* **WORK TASK**
In the data that follows, find the line with "let (c', w', e, v', room)"; transcribe it, every later line up to the one with "write_piece-Follows d p", and that line as well, exactly and with no others.

[Collected data]
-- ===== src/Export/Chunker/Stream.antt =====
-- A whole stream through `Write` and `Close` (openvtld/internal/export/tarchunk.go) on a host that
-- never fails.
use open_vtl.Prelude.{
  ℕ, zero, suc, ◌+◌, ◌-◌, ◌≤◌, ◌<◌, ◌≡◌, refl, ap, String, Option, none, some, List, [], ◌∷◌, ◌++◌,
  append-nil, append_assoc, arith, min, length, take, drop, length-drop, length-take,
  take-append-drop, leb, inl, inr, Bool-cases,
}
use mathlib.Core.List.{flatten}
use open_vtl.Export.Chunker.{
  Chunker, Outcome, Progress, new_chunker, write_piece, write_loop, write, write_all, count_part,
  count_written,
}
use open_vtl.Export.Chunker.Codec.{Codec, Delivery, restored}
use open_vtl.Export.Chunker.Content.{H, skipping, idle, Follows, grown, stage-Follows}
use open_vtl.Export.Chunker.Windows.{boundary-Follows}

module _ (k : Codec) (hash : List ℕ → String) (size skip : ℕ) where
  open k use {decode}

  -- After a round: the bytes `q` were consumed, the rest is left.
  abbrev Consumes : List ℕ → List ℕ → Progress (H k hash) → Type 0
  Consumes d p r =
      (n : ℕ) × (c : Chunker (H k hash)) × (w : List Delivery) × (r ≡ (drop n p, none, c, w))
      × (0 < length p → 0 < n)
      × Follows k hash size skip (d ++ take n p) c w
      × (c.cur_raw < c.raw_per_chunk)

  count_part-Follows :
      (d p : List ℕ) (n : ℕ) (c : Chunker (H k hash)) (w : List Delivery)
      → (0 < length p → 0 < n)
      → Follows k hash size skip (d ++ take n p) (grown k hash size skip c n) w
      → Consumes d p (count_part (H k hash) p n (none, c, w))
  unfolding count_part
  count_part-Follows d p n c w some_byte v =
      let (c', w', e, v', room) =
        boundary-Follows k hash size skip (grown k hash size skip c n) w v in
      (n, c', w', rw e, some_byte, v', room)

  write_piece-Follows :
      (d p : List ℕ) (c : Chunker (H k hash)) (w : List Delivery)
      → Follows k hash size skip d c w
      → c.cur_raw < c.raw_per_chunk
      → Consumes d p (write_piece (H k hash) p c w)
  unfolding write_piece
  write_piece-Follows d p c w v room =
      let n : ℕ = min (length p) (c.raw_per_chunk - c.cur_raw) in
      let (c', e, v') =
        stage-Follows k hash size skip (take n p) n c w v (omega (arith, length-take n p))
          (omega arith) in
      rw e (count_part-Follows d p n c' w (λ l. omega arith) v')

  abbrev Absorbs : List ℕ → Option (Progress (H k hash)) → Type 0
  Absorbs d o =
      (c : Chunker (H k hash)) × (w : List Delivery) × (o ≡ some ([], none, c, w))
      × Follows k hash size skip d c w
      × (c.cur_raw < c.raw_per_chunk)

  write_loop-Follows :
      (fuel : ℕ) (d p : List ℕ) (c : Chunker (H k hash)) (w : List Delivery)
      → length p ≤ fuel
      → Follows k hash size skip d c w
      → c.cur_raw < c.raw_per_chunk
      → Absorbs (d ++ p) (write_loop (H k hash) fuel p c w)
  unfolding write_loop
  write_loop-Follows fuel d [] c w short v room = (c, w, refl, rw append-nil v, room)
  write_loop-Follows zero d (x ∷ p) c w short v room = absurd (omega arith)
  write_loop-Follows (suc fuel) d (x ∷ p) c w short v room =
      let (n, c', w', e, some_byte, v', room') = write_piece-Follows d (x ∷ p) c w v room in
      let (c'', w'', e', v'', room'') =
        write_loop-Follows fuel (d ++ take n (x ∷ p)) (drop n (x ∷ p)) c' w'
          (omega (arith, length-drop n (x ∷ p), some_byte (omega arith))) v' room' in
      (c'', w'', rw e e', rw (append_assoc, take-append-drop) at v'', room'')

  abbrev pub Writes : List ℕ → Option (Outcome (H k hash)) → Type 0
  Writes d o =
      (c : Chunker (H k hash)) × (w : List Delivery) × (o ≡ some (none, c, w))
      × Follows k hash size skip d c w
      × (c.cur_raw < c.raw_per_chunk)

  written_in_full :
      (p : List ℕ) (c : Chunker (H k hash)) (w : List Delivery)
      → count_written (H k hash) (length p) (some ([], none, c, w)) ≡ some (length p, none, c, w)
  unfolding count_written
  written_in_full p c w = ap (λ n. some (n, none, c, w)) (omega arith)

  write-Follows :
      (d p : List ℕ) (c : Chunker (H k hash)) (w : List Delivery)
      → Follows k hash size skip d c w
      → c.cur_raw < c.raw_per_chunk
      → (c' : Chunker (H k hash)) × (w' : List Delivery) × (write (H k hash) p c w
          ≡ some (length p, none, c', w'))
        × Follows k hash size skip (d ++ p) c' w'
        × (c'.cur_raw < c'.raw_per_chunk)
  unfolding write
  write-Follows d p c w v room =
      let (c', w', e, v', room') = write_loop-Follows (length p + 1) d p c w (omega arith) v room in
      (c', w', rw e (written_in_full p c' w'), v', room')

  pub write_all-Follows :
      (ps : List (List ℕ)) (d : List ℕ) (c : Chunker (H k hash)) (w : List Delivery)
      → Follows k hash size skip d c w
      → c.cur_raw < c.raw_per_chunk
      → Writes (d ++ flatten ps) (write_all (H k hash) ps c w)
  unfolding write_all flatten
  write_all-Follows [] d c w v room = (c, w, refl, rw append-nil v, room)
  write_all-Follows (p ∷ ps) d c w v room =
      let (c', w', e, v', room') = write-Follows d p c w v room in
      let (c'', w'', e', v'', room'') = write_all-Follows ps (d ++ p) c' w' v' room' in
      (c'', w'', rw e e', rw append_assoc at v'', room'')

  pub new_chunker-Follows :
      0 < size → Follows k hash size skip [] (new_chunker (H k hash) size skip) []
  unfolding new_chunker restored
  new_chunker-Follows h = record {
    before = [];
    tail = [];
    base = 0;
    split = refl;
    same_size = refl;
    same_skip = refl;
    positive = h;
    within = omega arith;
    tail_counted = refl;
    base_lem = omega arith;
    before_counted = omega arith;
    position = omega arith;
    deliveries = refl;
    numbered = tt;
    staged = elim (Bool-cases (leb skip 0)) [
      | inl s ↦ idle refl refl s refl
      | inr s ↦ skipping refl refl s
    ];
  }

* **RESPONSE BOX**
      let (c', w', e, v', room) =
        boundary-Follows k hash size skip (grown k hash size skip c n) w v in
      (n, c', w', rw e, some_byte, v', room)

  write_piece-Follows :
      (d p : List ℕ) (c : Chunker (H k hash)) (w : List Delivery)
      → Follows k hash size skip d c w
      → c.cur_raw < c.raw_per_chunk
      → Consumes d p (write_piece (H k hash) p c w)
  unfolding write_piece
  write_piece-Follows d p c w v room =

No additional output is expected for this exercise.